» **EXERCISE GOAL**
Among the lines of data below, reproduce only those from the one with "abbrev statement : Registration → Node" through the one with "abbrev pub handlers_file", exactly as they stand, both ends included.

START STORED DATA

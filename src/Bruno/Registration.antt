-- ===== src/Bruno/Registration.antt =====
-- internal/brunogen/parser.go on the statements `api.HandleFunc("path", h.Handler).Methods("METHOD")`
-- of internal/api/handlers.go.
use mathlib.Core.List.{reverse-cons, reverse-append, reverse-reverse}
use grabarr.Common.{
  ℕ, ◌≡◌, refl, ap, ◌∙◌, Bool, true, false, ◌==◌, List, [], ◌∷◌, ◌++◌, reverse, append-nil,
  append_assoc, sym, All, All-append, Text, codes, arith,
}
use grabarr.Bruno.Ast.{
  Node, ident, basic_lit, selector, call, func_decl, other, Nodes, nil, cons, inspect, inspect_all,
}
use grabarr.Bruno.Patterns.{trim_left, trim}
use grabarr.Bruno.Routes.{
  Route, route_of, unquoted, infer_method_from_handler, visit_call, visit_calls, register_bodies,
  register_bodies_all, parse_routes,
}

module _ (cut : ℕ → Bool) where
  trim_left-All : (t : Text) → All (λ c. cut c ≡ false) t → trim_left cut t ≡ t
  trim_left-All [] h = refl
  trim_left-All (c ∷ t) (p, h) = ground (arith, p)

  All-reverse : (t : Text) → All (λ c. cut c ≡ false) t → All (λ c. cut c ≡ false) (reverse t)
  All-reverse [] h = tt
  All-reverse (c ∷ t) (p, h) =
      rw (reverse-cons c t)
        (All-append (λ d. cut d ≡ false) (reverse t) (c ∷ []) (All-reverse t h) (p, tt))

  -- Trimming takes what was put around a text that has nothing to trim.
  pub trim_around :
      (a b : ℕ) (t : Text)
      → cut a ≡ true
      → cut b ≡ true
      → All (λ c. cut c ≡ false) t
      → trim cut (a ∷ (t ++ b ∷ [])) ≡ t
  trim_around a b [] ha hb h = ground (arith, ha, hb)
  trim_around a b (c ∷ t) ha hb (p, h) =
      rw
        (
          ha,
          p,
          reverse-append (c ∷ t) (b ∷ []),
          hb,
          trim_left-All (reverse (c ∷ t)) (All-reverse (c ∷ t) (p, h)),
        )
        (reverse-reverse (c ∷ t))

-- A statement, with the texts of its literals.
pub record Registration : Type 0 where
  pub path : Text
  pub handler : Text
  pub method : Text

abbrev IsBare : Text → Type 0
IsBare t = All (λ c. (c == b'"') ≡ false) t

-- A line of the body of RegisterRoutes: a registration, or another statement.
pub data Line : Type 0 where
  registers : Registration → Line
  another : Node → Line

abbrev pub registrations : List Line → List Registration
registrations [] = []
registrations (registers r ∷ lines) = r ∷ registrations lines
registrations (another node ∷ lines) = registrations lines

-- The literals of a registration have no quotes within; another statement registers nothing.
abbrev pub IsWritten : Line → Type 0
IsWritten (registers r) = IsBare r.path × IsBare r.method
IsWritten (another node) = visit_calls (inspect node) ≡ []

abbrev literal : Text → Node
literal t = basic_lit true (b'"' ∷ (t ++ b'"' ∷ []))

abbrev statement : Registration → Node
statement r =
    call
      (selector
        (call (selector (ident (codes "api")) (codes "HandleFunc"))
          (cons (literal r.path) (cons (selector (ident (codes "h")) r.handler) nil)))
        (codes "Methods"))
      (cons (literal r.method) nil)

abbrev pub statements : List Line → Nodes
statements [] = nil
statements (registers r ∷ lines) = cons (other (cons (statement r) nil)) (statements lines)
statements (another node ∷ lines) = cons node (statements lines)

abbrev append_nodes : Nodes → Nodes → Nodes
append_nodes nil later = later
append_nodes (cons node nodes) later = cons node (append_nodes nodes later)

-- A file with RegisterRoutes between its other declarations. The signature has the receiver.
abbrev pub handlers_file :
    (earlier : Nodes) → (signature : Node) → List Line → (later : Nodes) → Node
handlers_file earlier signature lines later = other (
    append_nodes earlier
      (cons (func_decl (codes "RegisterRoutes") signature (other (statements lines))) later))

abbrev pub declared : Registration → Route
declared r = route_of r.method r.path r.handler

abbrev pub inferred : Registration → Route
inferred r = route_of (infer_method_from_handler r.handler) r.path r.handler

abbrev pub both_routes : List Registration → List Route
both_routes [] = []
both_routes (r ∷ regs) = declared r ∷ inferred r ∷ both_routes regs

unquoted-literal : (t : Text) → IsBare t → unquoted (b'"' ∷ (t ++ b'"' ∷ [])) ≡ t
unquoted-literal t h = trim_around (λ c. c == b'"') b'"' b'"' t refl refl h

visit_calls-statement :
    (r : Registration) (nodes : List Node)
    → IsWritten (registers r)
    → visit_calls (inspect (other (cons (statement r) nil)) ++ nodes)
      ≡ declared r ∷ inferred r ∷ visit_calls nodes
unfolding visit_calls inspect
visit_calls-statement r nodes (p, m) =
    rw (unquoted-literal r.path p, unquoted-literal r.method m) refl

visit_calls-append : (xs ys : List Node) → visit_calls (xs ++ ys) ≡ visit_calls xs ++ visit_calls ys
unfolding visit_calls
visit_calls-append [] ys = refl
visit_calls-append (x ∷ xs) ys =
    ap (λ rs. visit_call x ++ rs) (visit_calls-append xs ys)
    ∙ sym (append_assoc (visit_call x) (visit_calls xs) (visit_calls ys))

visit_calls-statements :
    (lines : List Line)
    → All IsWritten lines
    → visit_calls (inspect_all (statements lines)) ≡ both_routes (registrations lines)
unfolding visit_calls inspect
visit_calls-statements [] h = refl
visit_calls-statements (registers r ∷ lines) (w, h) =
    visit_calls-statement r (inspect_all (statements lines)) w
    ∙ ap (λ rs. declared r ∷ inferred r ∷ rs) (visit_calls-statements lines h)
visit_calls-statements (another node ∷ lines) (e, h) =
    visit_calls-append (inspect node) (inspect_all (statements lines))
    ∙ ap (λ rs. rs ++ visit_calls (inspect_all (statements lines))) e
    ∙ visit_calls-statements lines h

register_bodies_all-append :
    (a b : Nodes)
    → register_bodies_all (append_nodes a b) ≡ register_bodies_all a ++ register_bodies_all b
unfolding register_bodies_all
register_bodies_all-append nil b = refl
register_bodies_all-append (cons node nodes) b =
    ap (λ ns. register_bodies node ++ ns) (register_bodies_all-append nodes b)
    ∙ sym (append_assoc (register_bodies node) (register_bodies_all nodes) (register_bodies_all b))

-- Every registration is read as two routes: one with the method it declares, and one with the
-- method that its handler's name suggests. This holds where the literals have no quotes within, the
-- other statements of RegisterRoutes register nothing, and no further function of the file has its
-- name.
pub parse_routes-both :
    (earlier : Nodes) (signature : Node) (lines : List Line) (later : Nodes)
    → All IsWritten lines
    → register_bodies_all earlier ≡ []
    → register_bodies_all later ≡ []
    → parse_routes (handlers_file earlier signature lines later) ≡ both_routes (registrations lines)
unfolding parse_routes register_bodies_all
parse_routes-both earlier signature lines later h none_before none_left =
    rw
      (
        register_bodies_all-append earlier
            (cons (func_decl (codes "RegisterRoutes") signature (other (statements lines))) later),
        none_before,
        none_left,
        visit_calls-statements lines h,
      )
      (append-nil (both_routes (registrations lines)))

END STORED DATA

» **RESPONSE BOX**
abbrev statement : Registration → Node
statement r =
    call
      (selector
        (call (selector (ident (codes "api")) (codes "HandleFunc"))
          (cons (literal r.path) (cons (selector (ident (codes "h")) r.handler) nil)))
        (codes "Methods"))
      (cons (literal r.method) nil)

abbrev pub statements : List Line → Nodes
statements [] = nil
statements (registers r ∷ lines) = cons (other (cons (statement r) nil)) (statements lines)
statements (another node ∷ lines) = cons node (statements lines)

abbrev append_nodes : Nodes → Nodes → Nodes
append_nodes nil later = later
append_nodes (cons node nodes) later = cons node (append_nodes nodes later)

-- A file with RegisterRoutes between its other declarations. The signature has the receiver.
abbrev pub handlers_file :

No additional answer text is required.